Psychologie der Beichte
Das Sakrament der Versöhnung ist übler Nachrede ausgesetzt - bis hin zur „ekklesiogenen
Neurose“. Warum das falsch ist und der Mensch Schuld los wird, indem er sie
annimmt, erklärt eine kleine Seelenkunde von Raphael Bonelli / Die Tagespost.
In der klassischen Psychotherapie sind Schuldgefühle von vielen Schulen
mit Pathologie gleichgesetzt worden. Und das ändert sich leider nur sehr langsam,
wenn auch moderne Psychotherapeuten hier wesentlich mehr Offenheit erkennen
lassen.
Selbstverständlich gibt es psychopathologische Phänomene, etwa im Laufe einer
Depression, eines Wahns, einer Neurose oder einer selbstunsicheren
Persönlichkeit, im Rahmen derer sich Patienten dann zu Unrecht schuldig fühlen.
Aber das sind krankhafte Ausnahmen.
Normalerweise hat man Schuldgefühle, weil man eben schlichtweg schuldig geworden
ist. Man hat sich für das Schlechte entschieden, obwohl man das Gute hätte tun
können. Die persönliche Schuld ist kein Gefühl - sie hat nur häufig ein Gefühl
zur Folge, wenn das Gewissen noch intakt ist. Die Einsicht in die eigenen Fehler
ist ein Erkenntnisakt mit emotionaler Begleitmusik.
Sie setzt eine Grundbereitschaft zur Selbsterkenntnis voraus, die man Demut
nennt. Dem Psychotherapeuten steht zwar das Urteil zwischen Gut und Böse nicht
zu, weil er keine richterliche, sondern eine therapeutische Funktion hat - aber
das bedeutet nicht, dass im menschlichen Leben keine moralische Dimension
existiert.
Diese beiden Spielarten von Schuldgefühlen könnten in der medizinischen
Terminologie als physiologisch und pathologisch beschrieben werden. Der Ausdruck
„physiologisch“ wird in der Medizin oft im Sinne von beim gesunden Menschen
auftretend, normal, nicht krankhaft verwendet; „pathologisch“ heißt unzweckmäßig,
dysfunktionell, unphysiologisch, krankhaft.
Wie beim Schmerz gut erkennbar ist, hat die Physiologie den Sinn, auf etwas
aufmerksam zu machen, was dem Körper nicht gut tut. Dieses Warnsignal macht
damit bewusste Heilungsprozesse überhaupt erst möglich. Der pathologische
Schmerz hingegen ist sinnlos, sozusagen ein „Fehlalarm“ des Körpers.
Schuldgefühl ist analog dazu ein Schmerzempfinden der Seele, das Schaden anzeigt.
Dieses Bild aus der Medizin veranschaulicht aber auch, dass die prinzipielle
Unfähigkeit, Schmerz zu empfinden, ein lebensgefährliches Defizit ist. Und
tatsächlich: generell fehlende Schuldgefühle machen den Menschen zum Ungeheuer,
wie die Geschichte eindrucksvoll bewiesen hat.

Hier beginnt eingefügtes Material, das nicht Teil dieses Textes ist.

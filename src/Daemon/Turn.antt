-- ===== src/Daemon/Turn.antt =====
-- A turn of the control loop of base-rockpie/src/main.cpp: what the energy manager asked for since the
-- last turn, the control of the storage system, the commands to the nodes, and the reports. The
-- requests of the energy manager are taken as served between two turns.
pub mod Isolation
pub mod Locked
pub mod Messages
pub mod Deadlines
use gridex_edge_gateway.Prelude.{
  ℕ, suc, ◌+◌, ◌%◌, ◌^◌, Bool, ◌&&◌, Option, List, [], ◌∷◌, if◌then◌else◌, leb, length,
}
use gridex_edge_gateway.Double.{Double}
use gridex_edge_gateway.Modbus.{ModbusClient}
use gridex_edge_gateway.Telemetry.{NodePollStatus, MbusNodeTelemetry}
use gridex_edge_gateway.Tcp.{Socket, TcpClient}
use gridex_edge_gateway.Driver.Poll.{Driver}
use gridex_edge_gateway.Controller.{Controller, ControllerSnapshot, tick}
use gridex_edge_gateway.Northbound.Bank.{NorthboundRegisterBank}
use gridex_edge_gateway.Northbound.Publish.{publish}
use gridex_edge_gateway.Northbound.Server.{handle_pdu}
use gridex_edge_gateway.Mqtt.{SystemTelemetrySample}
use gridex_edge_gateway.Mqtt.Publish.{
  MqttHealthPublisher, Publish, connected, publish_health, publish_node_telemetry,
  publish_system_telemetry,
}
use gridex_edge_gateway.Journal.{TelemetryJournal, FileSystem, append_snapshot}
use gridex_edge_gateway.Daemon.{receive_northbound, dispatch_operator}
use gridex_edge_gateway.Daemon.Nodes.{dispatch_node, resized, publish_nodes, health_message}

-- What `main` reads from the environment for the reports; the intervals are in nanoseconds.
pub record ReportConfig : Type 0 where
  pub site_id : List ℕ
  pub gateway_id : List ℕ
  pub boot_id : List ℕ
  pub health_interval : ℕ
  pub telemetry_interval : ℕ
  pub system_interval : ℕ
  pub journal_interval : ℕ
  pub system_enabled : Bool

-- What a turn finds: the clocks, the requests of the energy manager, the samples of the polling
-- service, and what the gateway measures of itself.
pub record TurnInput : Type 0 where
  pub now : ℕ
  pub system_now : ℕ
  pub observed_at : List ℕ
  pub requests : List (List ℕ)
  pub samples : List MbusNodeTelemetry
  pub temperature : Option Double
  pub readings : List SystemTelemetrySample

-- The part that steers the storage system.
pub record Control (S : Type 0) : Type 0 where
  pub bank : NorthboundRegisterBank
  pub controller : Controller
  pub driver : Driver
  pub pcs : S

-- The part that reports.
pub record Reports (F M : Type 0) : Type 0 where
  pub statuses : List NodePollStatus
  pub journal : TelemetryJournal × F
  pub publisher : MqttHealthPublisher
  pub broker : M
  pub sequence : ℕ
  pub next_health : ℕ
  pub next_telemetry : ℕ
  pub next_system : ℕ
  pub next_journal : ℕ

pub record Gateway (S N F M : Type 0) : Type 0 where
  pub control : Control S
  pub nodes : List (TcpClient × N)
  pub reports : Reports F M

unfoldable pub serve_all : List (List ℕ) → NorthboundRegisterBank → NorthboundRegisterBank
unfolding handle_pdu
serve_all [] b = b
serve_all (pdu ∷ requests) b = serve_all requests (handle_pdu pdu b).0

-- The command of the energy manager, the tick and the command of the operator.
unfoldable pub steer :
    {S : Type 0} → ModbusClient S → ℕ → Control S → ControllerSnapshot × Control S
unfolding receive_northbound tick dispatch_operator
steer client now k =
    let (b1, c1) = receive_northbound now k.bank k.controller in
    let (snapshot, c2, d2, s2) = tick client c1 k.driver now k.pcs in
    let (b3, d3, s3) = dispatch_operator client b1 d2 s2 in
    (snapshot, record { bank = b3; controller = c2; driver = d3; pcs = s3 })

module _ {F M : Type 0} (publish_message : Publish M) (timestamp : ℕ → List ℕ)
    (show_double : Double → List ℕ) (fs : FileSystem F) (config : ReportConfig) where
  unfoldable pub report_health : TurnInput → ControllerSnapshot → Reports F M → Reports F M
  unfolding health_message publish_health
  report_health i snapshot r =
      let message =
        health_message config.site_id config.gateway_id i.temperature snapshot i.samples in
      let sent =
        publish_health publish_message timestamp show_double i.system_now message r.publisher
          r.broker in
      if leb r.next_health i.now
      then record r { broker = sent.1; next_health = i.now + config.health_interval }
      else r

  -- The loop over the samples, from a slot on.
  unfoldable pub publish_samples : ℕ → ℕ → List MbusNodeTelemetry → MqttHealthPublisher → M → M
  unfolding publish_node_telemetry
  publish_samples now slot [] publisher m = m
  publish_samples now slot (sample ∷ samples) publisher m =
      publish_samples now (suc slot) samples publisher
        (publish_node_telemetry publish_message timestamp show_double now config.site_id
          config.gateway_id (slot + 1) sample publisher m).1

  unfoldable pub report_telemetry : TurnInput → Reports F M → Reports F M
  unfolding publish_samples
  report_telemetry i r =
      if leb r.next_telemetry i.now
      then record r {
        broker = publish_samples i.system_now 0 i.samples r.publisher r.broker;
        next_telemetry = i.now + config.telemetry_interval;
      }
      else r

  unfoldable pub report_system : TurnInput → Reports F M → Reports F M
  unfolding publish_system_telemetry
  report_system i r =
      let sequence = (r.sequence + 1) % 2 ^ 64 in
      if config.system_enabled && connected r.publisher && leb r.next_system i.now
      then record r {
        broker =
            (publish_system_telemetry publish_message timestamp show_double i.system_now
              config.site_id config.gateway_id config.boot_id sequence i.readings r.publisher
              r.broker).1;
        sequence = sequence;
        next_system = i.now + config.system_interval;
      }
      else r

  unfoldable pub append_snapshots :
      List ℕ → ℕ → List MbusNodeTelemetry → TelemetryJournal × F → TelemetryJournal × F
  unfolding append_snapshot
  append_snapshots observed_at slot [] x = x
  append_snapshots observed_at slot (sample ∷ samples) x =
      append_snapshots observed_at (suc slot) samples
        (append_snapshot fs observed_at show_double (slot + 1) sample x).1

  unfoldable pub report_journal : TurnInput → Reports F M → Reports F M
  unfolding append_snapshots
  report_journal i r =
      if leb r.next_journal i.now
      then record r {
        journal = append_snapshots i.observed_at 0 i.samples r.journal;
        next_journal = i.now + config.journal_interval;
      }
      else r

  -- The four reports of a turn, in their order.
  unfoldable pub report : TurnInput → ControllerSnapshot → Reports F M → Reports F M
  unfolding report_health report_telemetry report_system report_journal
  report i snapshot r =
      report_journal i (report_system i (report_telemetry i (report_health i snapshot r)))

  module _ {S N : Type 0} (client : ModbusClient S) (socket : Socket N) where
    unfoldable pub turn : TurnInput → Gateway S N F M → ControllerSnapshot × Gateway S N F M
    unfolding serve_all steer dispatch_node publish resized publish_nodes report
    turn i g =
        let served = serve_all i.requests g.control.bank in
        let (snapshot, k) = steer client i.now (record (g.control) { bank = served }) in
        let (accepted, b1, nodes) = dispatch_node socket k.bank g.nodes in
        let b2 = publish snapshot k.controller.config.configured_limit b1 in
        let (statuses, (b3, journal)) =
          publish_nodes fs i.observed_at show_double i.now 0 i.samples
            (resized (length i.samples) g.reports.statuses) (b2, g.reports.journal) in
        (
          snapshot,
          record {
            control = record k { bank = b3 };
            nodes = nodes;
            reports =
                report i snapshot (record (g.reports) { statuses = statuses; journal = journal });
          },
        )

    -- `while (running)`: the snapshots and the gateway after some turns.
    unfoldable pub turns :
        List TurnInput → Gateway S N F M → List ControllerSnapshot × Gateway S N F M
    unfolding turn
    turns [] g = ([], g)
    turns (i ∷ is) g =
        let (snapshot, g') = turn i g in
        let (snapshots, g'') = turns is g' in (snapshot ∷ snapshots, g'')
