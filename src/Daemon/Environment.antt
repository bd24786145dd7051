-- ===== src/Daemon/Environment.antt =====
-- What `main` of base-rockpie/src/main.cpp reads from the environment. `std::stod` is a parameter.
pub mod Endpoints
pub mod Written
pub mod Approval
use gridex_edge_gateway.Prelude.{
  ℕ, suc, ◌+◌, ◌-◌, ◌*◌, ◌%◌, ◌^◌, Bool, true, false, not, ◌||◌, ◌&&◌, Option, none, some, List, [],
  ◌∷◌, if◌then◌else◌, ◌==◌, ltb, leb, length, take, drop,
}
use gridex_edge_gateway.Prelude.Int.{ℤ, pos, negsuc, neg_ℕ, ltb_ℤ}
use gridex_edge_gateway.Prelude.Text.{codes, decimal}
use gridex_edge_gateway.Double.{Double}
use gridex_edge_gateway.Types.{
  EdgeState, boot, waiting_for_comms, waiting_for_bms_limits, ready, safe_mode, fault,
  commissioning_locked, waiting_for_pcs_ready, ConfiguredPowerLimit,
}
use gridex_edge_gateway.Ota.Compare.{text_equal}
use gridex_edge_gateway.Apply.Arguments.{stoul}
use gridex_edge_gateway.Mqtt.Publish.{
  leading_number, is_decimal, after_spaces, is_empty, last_colon, MqttHealthPublisherConfig,
}
use gridex_edge_gateway.Controller.{ControllerConfig, default_config, seconds}
use gridex_edge_gateway.Northbound.Server.Lifecycle.{NorthboundServerConfig}
use gridex_edge_gateway.Daemon.Turn.{ReportConfig}

-- `std::getenv`.
abbrev pub Environment : Type 0
Environment = List ℕ → Option (List ℕ)

unfoldable pub env_string : Environment → List ℕ → List ℕ → List ℕ
env_string env name fallback = chosen (env name)
  where
    chosen : Option (List ℕ) → List ℕ
    chosen none = fallback
    chosen (some value) = if is_empty value then fallback else value

-- The digits that a text starts with, with a sign in front of them.
unfoldable pub signed_number : Bool → List ℕ → Option ℤ
unfolding leading_number
signed_number negative [] = none
signed_number negative (c ∷ text) =
    let n = leading_number 0 (c ∷ text) in
    if not (is_decimal c) || ltb (if negative then 2147483648 else 2147483647) n
    then none
    else some (if negative then neg_ℕ n else pos n)

-- `std::stoi`: spaces, a sign, digits, and whatever follows; none for an exception.
unfoldable pub stoi : List ℕ → Option ℤ
unfolding after_spaces signed_number
stoi text = signed (after_spaces text)
  where
    signed : List ℕ → Option ℤ
    signed [] = none
    signed (c ∷ rest) =
        if c == 43
        then signed_number false rest
        else if c == 45
        then signed_number true rest
        else signed_number false (c ∷ rest)

abbrev pub or_else : {A : Type 0} → Option A → A → A
or_else none fallback = fallback
or_else (some value) fallback = value

unfoldable pub env_int : Environment → List ℕ → ℕ → ℤ
unfolding env_string stoi decimal
env_int env name fallback = or_else (stoi (env_string env name (decimal fallback))) (pos fallback)

-- `std::clamp` of a number above 0.
abbrev pub clamp : ℕ → ℕ → ℕ → ℕ
clamp low high n = if ltb n low then low else if ltb high n then high else n

unfoldable pub clamped_size : ℕ → ℕ → ℕ → Option ℕ → ℕ
clamped_size fallback minimum maximum none = fallback
clamped_size fallback minimum maximum (some value) = clamp minimum maximum value

-- `std::size_t` has 64 bits, as `stoull` does.
unfoldable pub env_size : Environment → List ℕ → ℕ → ℕ → ℕ → ℕ
unfolding env_string stoul decimal clamped_size
env_size env name fallback minimum maximum =
    clamped_size fallback minimum maximum (stoul (env_string env name (decimal fallback)))

unfoldable pub env_bool : Environment → List ℕ → Bool → Bool
unfolding env_string
env_bool env name fallback =
    let value = env_string env name (if fallback then codes "1" else codes "0") in
    text_equal value (codes "1")
    || text_equal value (codes "true")
    || text_equal value (codes "yes")

unfoldable pub env_optional_double : (List ℕ → Option Double) → Environment → List ℕ → Option Double
unfolding env_string
env_optional_double stod env name =
    let value = env_string env name [] in if is_empty value then none else stod value

unfoldable pub state_name : EdgeState → List ℕ
state_name boot = codes "boot"
state_name waiting_for_comms = codes "waiting_for_comms"
state_name waiting_for_bms_limits = codes "waiting_for_bms_limits"
state_name ready = codes "ready"
state_name safe_mode = codes "safe_mode"
state_name fault = codes "fault"
state_name commissioning_locked = codes "commissioning_locked"
state_name waiting_for_pcs_ready = codes "waiting_for_pcs_ready"

-- A word of `width` bits that an `int` is cast to.
abbrev pub cast_word : ℕ → ℤ → ℕ
cast_word modulus (pos n) = n % modulus
cast_word modulus (negsuc n) = (modulus - suc n % modulus) % modulus

-- `std::clamp(envInt(...), low, high)`.
abbrev pub clamp_int : ℕ → ℕ → ℤ → ℕ
clamp_int low high (pos n) = clamp low high n
clamp_int low high (negsuc n) = low

unfoldable pub pcs_unit_id : Environment → ℕ
unfolding env_int
pcs_unit_id env = cast_word 256 (env_int env (codes "GRIDEX_PCS_UNIT_ID") 1)

unfoldable pub pcs_port : Environment → ℕ
unfolding env_int
pcs_port env = cast_word 65536 (env_int env (codes "GRIDEX_PCS_PORT") 3200)

unfoldable pub northbound_config : Environment → NorthboundServerConfig
unfolding env_string env_int
northbound_config env = record {
  bind_address = env_string env (codes "GRIDEX_NORTHBOUND_BIND") (codes "0.0.0.0");
  port = cast_word 65536 (env_int env (codes "GRIDEX_NORTHBOUND_PORT") 1502);
  unit_id = cast_word 256 (env_int env (codes "GRIDEX_NORTHBOUND_UNIT_ID") 1);
}

unfoldable pub controller_config : (List ℕ → Option Double) → Environment → ControllerConfig
unfolding env_optional_double
controller_config stod env = record default_config {
  configured_limit = record {
    max_charge_kw = env_optional_double stod env (codes "GRIDEX_MAX_CHARGE_KW");
    max_discharge_kw = env_optional_double stod env (codes "GRIDEX_MAX_DISCHARGE_KW");
  };
}

unfoldable pub publisher_config : Environment → MqttHealthPublisherConfig
unfolding env_string
publisher_config env = record {
  broker_url = env_string env (codes "GRIDEX_MQTT_BROKER_URL") [];
  topic_prefix = env_string env (codes "GRIDEX_MQTT_TOPIC_PREFIX") (codes "gridex/v1");
  client_id = env_string env (codes "GRIDEX_MQTT_CLIENT_ID") [];
  username = env_string env (codes "GRIDEX_MQTT_USERNAME") [];
  password_file = env_string env (codes "GRIDEX_MQTT_PASSWORD_FILE") [];
  ca_file = env_string env (codes "GRIDEX_MQTT_CA_FILE") [];
  client_certificate_file = env_string env (codes "GRIDEX_MQTT_CLIENT_CERT_FILE") [];
  client_key_file = env_string env (codes "GRIDEX_MQTT_CLIENT_KEY_FILE") [];
}

-- An interval in seconds, as nanoseconds.
unfoldable pub env_interval : Environment → List ℕ → ℕ → ℕ → ℕ → ℕ
unfolding env_int
env_interval env name fallback low high = seconds (clamp_int low high (env_int env name fallback))

unfoldable pub report_config : Environment → ReportConfig
unfolding env_string env_interval env_bool
report_config env = record {
  site_id = env_string env (codes "GRIDEX_SITE_ID") [];
  gateway_id = env_string env (codes "GRIDEX_GATEWAY_ID") [];
  boot_id = env_string env (codes "GRIDEX_BOOT_ID") (codes "unknown");
  health_interval = env_interval env (codes "GRIDEX_HEALTH_PUBLISH_SECONDS") 10 2 300;
  telemetry_interval = env_interval env (codes "GRIDEX_NODE_TELEMETRY_PUBLISH_SECONDS") 2 1 300;
  system_interval = env_interval env (codes "GRIDEX_SYSTEM_TELEMETRY_PUBLISH_SECONDS") 30 5 3600;
  journal_interval = env_interval env (codes "GRIDEX_TELEMETRY_JOURNAL_SECONDS") 5 1 300;
  system_enabled = env_bool env (codes "GRIDEX_SYSTEM_TELEMETRY_ENABLED") false;
}

unfoldable pub journal_bytes : Environment → ℕ
unfolding env_size
journal_bytes env =
    env_size env (codes "GRIDEX_TELEMETRY_JOURNAL_MAX_BYTES") (4 * 1024 * 1024) (64 * 1024)
      (64 * 1024 * 1024)
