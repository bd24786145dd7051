-- ===== src/Daemon/Environment/Approval.antt =====
-- The commissioning approval in the environment of base-rockpie/src/main.cpp.
use gridex_edge_gateway.Prelude.{
  ◌≡◌, refl, Bool, true, false, ◌||◌, ◌&&◌, Option, none, some, List, ℕ, ◌∷◌, [], arith,
}
use gridex_edge_gateway.Prelude.Text.{codes}
use gridex_edge_gateway.Ota.Compare.{text_equal}
use gridex_edge_gateway.Driver.Poll.{CommissioningApproval, writes_enabled}
use gridex_edge_gateway.Daemon.Environment.{Environment, env_bool, env_string}
use gridex_edge_gateway.Mqtt.Publish.{is_empty}

unfoldable pub approval_of : Environment → CommissioningApproval
unfolding env_bool
approval_of env = record {
  addressing_confirmed = env_bool env (codes "GRIDEX_APPROVE_ADDRESSING") false;
  sign_confirmed = env_bool env (codes "GRIDEX_APPROVE_POWER_SIGN") false;
  scaling_confirmed = env_bool env (codes "GRIDEX_APPROVE_SCALING") false;
  int32_word_order_confirmed = env_bool env (codes "GRIDEX_APPROVE_INT32_WORD_ORDER") false;
  int32_high_word_first = env_bool env (codes "GRIDEX_INT32_HIGH_WORD_FIRST") true;
}

-- A variable that says yes.
abbrev pub approves : Option (List ℕ) → Bool
approves none = false
approves (some value) =
    text_equal value (codes "1")
    || text_equal value (codes "true")
    || text_equal value (codes "yes")

not_empty : (c : ℕ) (value : List ℕ) → is_empty (c ∷ value) ≡ false
not_empty c value = ground arith

env_bool-approves :
    (env : Environment) (name : List ℕ) → env_bool env name false ≡ approves (env name)
unfolding env_bool env_string
env_bool-approves env name = said (env name) refl
  where
    said : (v : Option (List ℕ)) → env name ≡ v → env_bool env name false ≡ approves v
    said none e = rw e refl
    said (some []) e = rw e refl
    said (some (c ∷ value)) e = rw (e, not_empty c value) refl

-- The driver may write exactly if all of addressing, power sign and scaling were approved by a variable
-- that reads `1`, `true` or `yes`. Without a variable, or with an empty one, it may not.
pub writes_enabled-approval_of :
    (env : Environment)
    → writes_enabled (approval_of env)
      ≡ approves (env (codes "GRIDEX_APPROVE_ADDRESSING"))
        && approves (env (codes "GRIDEX_APPROVE_POWER_SIGN"))
        && approves (env (codes "GRIDEX_APPROVE_SCALING"))
unfolding writes_enabled approval_of
writes_enabled-approval_of env =
    rw
      (
        env_bool-approves env (codes "GRIDEX_APPROVE_ADDRESSING"),
        env_bool-approves env (codes "GRIDEX_APPROVE_POWER_SIGN"),
        env_bool-approves env (codes "GRIDEX_APPROVE_SCALING"),
      )
      refl
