-- ===== src/Daemon/Environment/Endpoints.antt =====
-- The addresses of the nodes in the environment of base-rockpie/src/main.cpp.
use gridex_edge_gateway.Prelude.{
  ℕ, List, [], ◌∷◌, if◌then◌else◌, ◌==◌, Option, some, none, ltb, take, ◌||◌, drop, ◌+◌,
}
use gridex_edge_gateway.Daemon.Environment.{stoi, env_string, Environment}
use gridex_edge_gateway.Mqtt.Publish.{last_colon, is_empty}
use gridex_edge_gateway.Prelude.Int.{ℤ, negsuc, pos}

pub record NodeTcpEndpoint : Type 0 where
  pub host : List ℕ
  pub port : ℕ
  pub unit_id : ℕ

-- `std::getline` up to each b',': a text that ends in one has no empty item after it.
unfoldable pub items : List ℕ → List (List ℕ)
items [] = []
items (c ∷ text) = started (items text)
  where
    -- The item that the text goes on with, behind `c`.
    extended : List (List ℕ) → List (List ℕ)
    extended [] = (c ∷ []) ∷ []
    extended (item ∷ rest) = (c ∷ item) ∷ rest

    started : List (List ℕ) → List (List ℕ)
    started rest = if c == 44 then [] ∷ rest else extended rest

unfoldable pub endpoint_at : List ℕ → Option ℤ → Option NodeTcpEndpoint
endpoint_at host none = none
endpoint_at host (some (negsuc n)) = none
endpoint_at host (some (pos port)) =
    if ltb port 1 || ltb 65535 port
    then none
    else some (record { host = host; port = port; unit_id = 1 })

-- An item with the place of its last b':'.
unfoldable pub split_item : List ℕ → Option ℕ → Option NodeTcpEndpoint
unfolding endpoint_at stoi
split_item item none = if is_empty item then none else endpoint_at item (some (pos 1502))
split_item item (some separator) =
    let host = take separator item in
    if is_empty host then none else endpoint_at host (stoi (drop (separator + 1) item))

-- `endpoints.push_back`, where there is one.
unfoldable pub with_endpoint : Option NodeTcpEndpoint → List NodeTcpEndpoint → List NodeTcpEndpoint
with_endpoint none others = others
with_endpoint (some e) others = e ∷ others

-- The endpoints of some items, in their order: another item is left out.
unfoldable pub endpoints_of : List (List ℕ) → List NodeTcpEndpoint
unfolding split_item last_colon with_endpoint
endpoints_of [] = []
endpoints_of (item ∷ rest) = with_endpoint (split_item item (last_colon item)) (endpoints_of rest)

unfoldable pub env_node_endpoints : Environment → List ℕ → List NodeTcpEndpoint
unfolding env_string items endpoints_of
env_node_endpoints env name = endpoints_of (items (env_string env name []))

In der Theologie wiederum sind die Begriffe „rechtes“ und „irriges Gewissen“
artverwandt. Gesunde Schuldgefühle werden für religiöse Menschen durch die
Beichte behandelt, indem hier die zugrundeliegende Schuld ursächlich angegangen
wird; pathologische Schuldgefühle durch die Psychiatrie bzw. Psychotherapie, da
hier die von der Emotion angezeigte Schuld nicht vorliegt.
Es ist ein Manko der alten Psychotherapie, dass sie vielerorts “physiologische“
Schuldgefühle psychologisiert (d.h. pathologisiert), und so den Weg zu einer
Bekehrung und damit Besserung verstellt hat. Eine nicht unerhebliche Anzahl von
Psychotherapeuten hat aufgrund ihres Weltbildes gar keinen Platz für so etwas
wie reale Schuld.
Wenn der Mensch materiell determiniert ist - wie etwa Sigmund Freud meint - dann
gibt es logischerweise weder Freiheit noch Verantwortung. Mit diesem
Reduktionismus wird der Täter zum Opfer umgedeutet und wälzt so seine Schuld auf
psychologische Umstände („ich konnte nicht anders“) oder gar auf andere Personen
(klassischerweise die „Erziehungsfehler“ der Eltern) ab.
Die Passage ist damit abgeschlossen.